# Lucid Dreaming > DV Academy > Current Courses > Intro Class >  >  Milly's workbook

## Milly

I'm not letting lucidity taking my by surprise _again_.

*Reality Checks:*
- Walking through windows.
- seeing one of my persistent DC
- seeing (and usually being _glomped_ by) Eli
- counting my fingers
- looking up at the sky
- double check the clock

*Dream Signs:*
- Eli in the flesh
- my persistent DC
- ... I need to dig up my old DJ.

*Short-Term Goals:*
- Being the one to do the glomping (I'm looking at _you_, Eli)
- Setting back my dream powers/personna
- find Faust again
- (added october 4, 2015) Track down the Man with the Engraved Brow
 - (added october 27, 2015) Eli want to dance  ::tongue:: 
*Long-Term Goals:*
- setting up my wonderland
- find and interact with my animal totem - done the 27/10/2015 here. now I need to name her.
- work on imposition with Eli.
- (added october 4, 2015) try to make a map of the dream highschool.
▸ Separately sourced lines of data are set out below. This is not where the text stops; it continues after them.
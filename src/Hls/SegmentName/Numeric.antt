-- ===== src/Hls/SegmentName/Numeric.antt =====
-- hls.rs, `SegmentName`: the order of the names is the order of the numbers in them.
use native.Mathlib.Nat.{pow-suc, pow-le-pow_right}
use sentinel_command.Prelude.{
  ℕ, ◌+◌, ◌-◌, ◌*◌, ◌^◌, ◌≤◌, ◌<◌, ◌≡◌, refl, [], ◌∷◌, ◌++◌, Ordering, compare, arith, length, All,
  ap,
}
use sentinel_command.Interfaces.{then_with}
use sentinel_command.Text.{Text, codes, leading_digits, text_cmp}
use sentinel_command.Hls.SegmentName.{trim_zeros, sequence, cmp}

abbrev pub IsDigit : ℕ → Type 0
IsDigit c = (48 ≤ c) × (c ≤ 57)

-- The number that a string of decimal digits writes.
unfoldable pub value : Text → ℕ
value [] = 0
value (c ∷ s) = (c - 48) * 10 ^ length s + value s

-- `segment_<digits>.ts`, the names that a CameraNode writes.
abbrev pub segment_file : Text → Text
segment_file ds = codes "segment_" ++ ds ++ codes ".ts"

leading_digits-append : (ds : Text) → All IsDigit ds → leading_digits (ds ++ codes ".ts") ≡ ds
leading_digits-append [] a = refl
leading_digits-append (c ∷ ds) a = ground (arith, leading_digits-append ds a.1)

sequence-segment_file : (ds : Text) → All IsDigit ds → sequence (segment_file ds) ≡ trim_zeros ds
unfolding sequence
sequence-segment_file ds a = ap trim_zeros (leading_digits-append ds a)

value-trim_zeros : (ds : Text) → value (trim_zeros ds) ≡ value ds
unfolding value trim_zeros
value-trim_zeros [] = refl
value-trim_zeros (c ∷ ds) = ground (arith, value-trim_zeros ds)

trim_zeros-All : (ds : Text) → All IsDigit ds → All IsDigit (trim_zeros ds)
unfolding trim_zeros
trim_zeros-All [] a = tt
trim_zeros-All (c ∷ ds) a = ground (arith, trim_zeros-All ds a.1)

value-lt-pow : (ds : Text) → All IsDigit ds → value ds < 10 ^ length ds
unfolding value
value-lt-pow [] a = omega arith
value-lt-pow (c ∷ ds) a = grind (arith, value-lt-pow ds a.1, pow-suc 10 (length ds))

-- Empty, or with a first digit that is not 0.
abbrev IsTrimmed : Text → Type 0
IsTrimmed [] = Unit {0}
IsTrimmed (c ∷ ds) = 49 ≤ c

trim_zeros-IsTrimmed : (ds : Text) → All IsDigit ds → IsTrimmed (trim_zeros ds)
unfolding trim_zeros
trim_zeros-IsTrimmed [] a = tt
trim_zeros-IsTrimmed (c ∷ ds) a = ground (arith, trim_zeros-IsTrimmed ds a.1)

-- Fewer digits is a smaller number, if the longer number has no leading zero.
shorter : (a b : Text) → All IsDigit a → IsTrimmed b → length a < length b → value a < value b
unfolding value
shorter a [] p t h = absurd (omega arith)
shorter a (y ∷ b) p t h = grind (
  arith,
  value-lt-pow a p,
  pow-le-pow_right {n = 10} (omega arith) {i = length a} {j = length b} (omega arith),
)

higher_digit : (c d p v w : ℕ) → c < d → v < p → c * p + v < d * p + w
higher_digit c d p v w h k = grind arith

same_length :
    (a b : Text)
    → All IsDigit a
    → All IsDigit b
    → length a ≡ length b
    → value a < value b
    → text_cmp a b ≡ Ordering.lt
unfolding value
same_length [] [] p q e h = absurd (omega arith)
same_length [] (y ∷ b) p q e h = absurd (omega arith)
same_length (x ∷ a) [] p q e h = absurd (omega arith)
same_length (x ∷ a) (y ∷ b) p q e h =
    let e' : length a ≡ length b = omega arith in
    ground (
      arith,
      same_length a b p.1 q.1 e',
      ap (λ (n : ℕ). 10 ^ n) e',
      value-lt-pow b q.1,
      higher_digit (y - 48) (x - 48) (10 ^ length a) (value b) (value a),
    )

trimmed-lt :
    (a b : Text)
    → All IsDigit a
    → All IsDigit b
    → IsTrimmed a
    → value a < value b
    → then_with (compare (length a) (length b)) (text_cmp a b) ≡ Ordering.lt
trimmed-lt a b p q t h = ground (arith, same_length a b p q, shorter b a q t)

-- Of two segment files the one with the smaller number comes first, however many digits and
-- leading zeros either number is written with: `segment_99999.ts` before `segment_100000.ts`.
pub cmp-segment_file :
    (ds es : Text)
    → All IsDigit ds
    → All IsDigit es
    → value ds < value es
    → cmp (segment_file ds) (segment_file es) ≡ Ordering.lt
unfolding cmp
cmp-segment_file ds es p q h =
    rw (sequence-segment_file ds p, sequence-segment_file es q)
      (ground (
        arith,
        trim_zeros-All ds p,
        trim_zeros-All es q,
        trim_zeros-IsTrimmed ds p,
        value-trim_zeros ds,
        value-trim_zeros es,
        trimmed-lt (trim_zeros ds) (trim_zeros es) (trim_zeros-All ds p) (trim_zeros-All es q)
            (trim_zeros-IsTrimmed ds p),
      ))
*Lucid/Dream Recall History:*
- at least one dream per night, could be more if I wasn't that much lazy.

*Current Technique:*
- WBTB since I sleep in 3-4 hours long bursts anyway.
- DILD
- sort of WILD
- a bit of everything I've read about really.

----------


## NyxCC

Happy you decided to join the Intro class, Milly!  :smiley: 

Don't hesitate to ask if you have any questions.

----------


## Milly

Will do NyxCC!
Had auditory hallucination will falling asleep last night. As usual it made me paranoid and I had to get up and check all the doors. What was unusual was that It was music, a little melody that played twice. The handful of time I had it before it was voices, kinda like a TV was on in another part of the house. I'm not used to that kind of hallucination so it throw my little going-to-sleep insomniac ritual into a loop. Maybe I should try and pinpoint if something is triggering thoses hallucination, because most of the time it's keeping me from falling asleep.
Edit: completly forgot to note that yesterday, but 3h of sleep isn't enough to remerber any dreams it seems x_x

----------


## MeohMyoh

I like the affirmation "I'm not letting lucidity taking my by surprise again." , i'm going to have to think of my own mantra/affirmation.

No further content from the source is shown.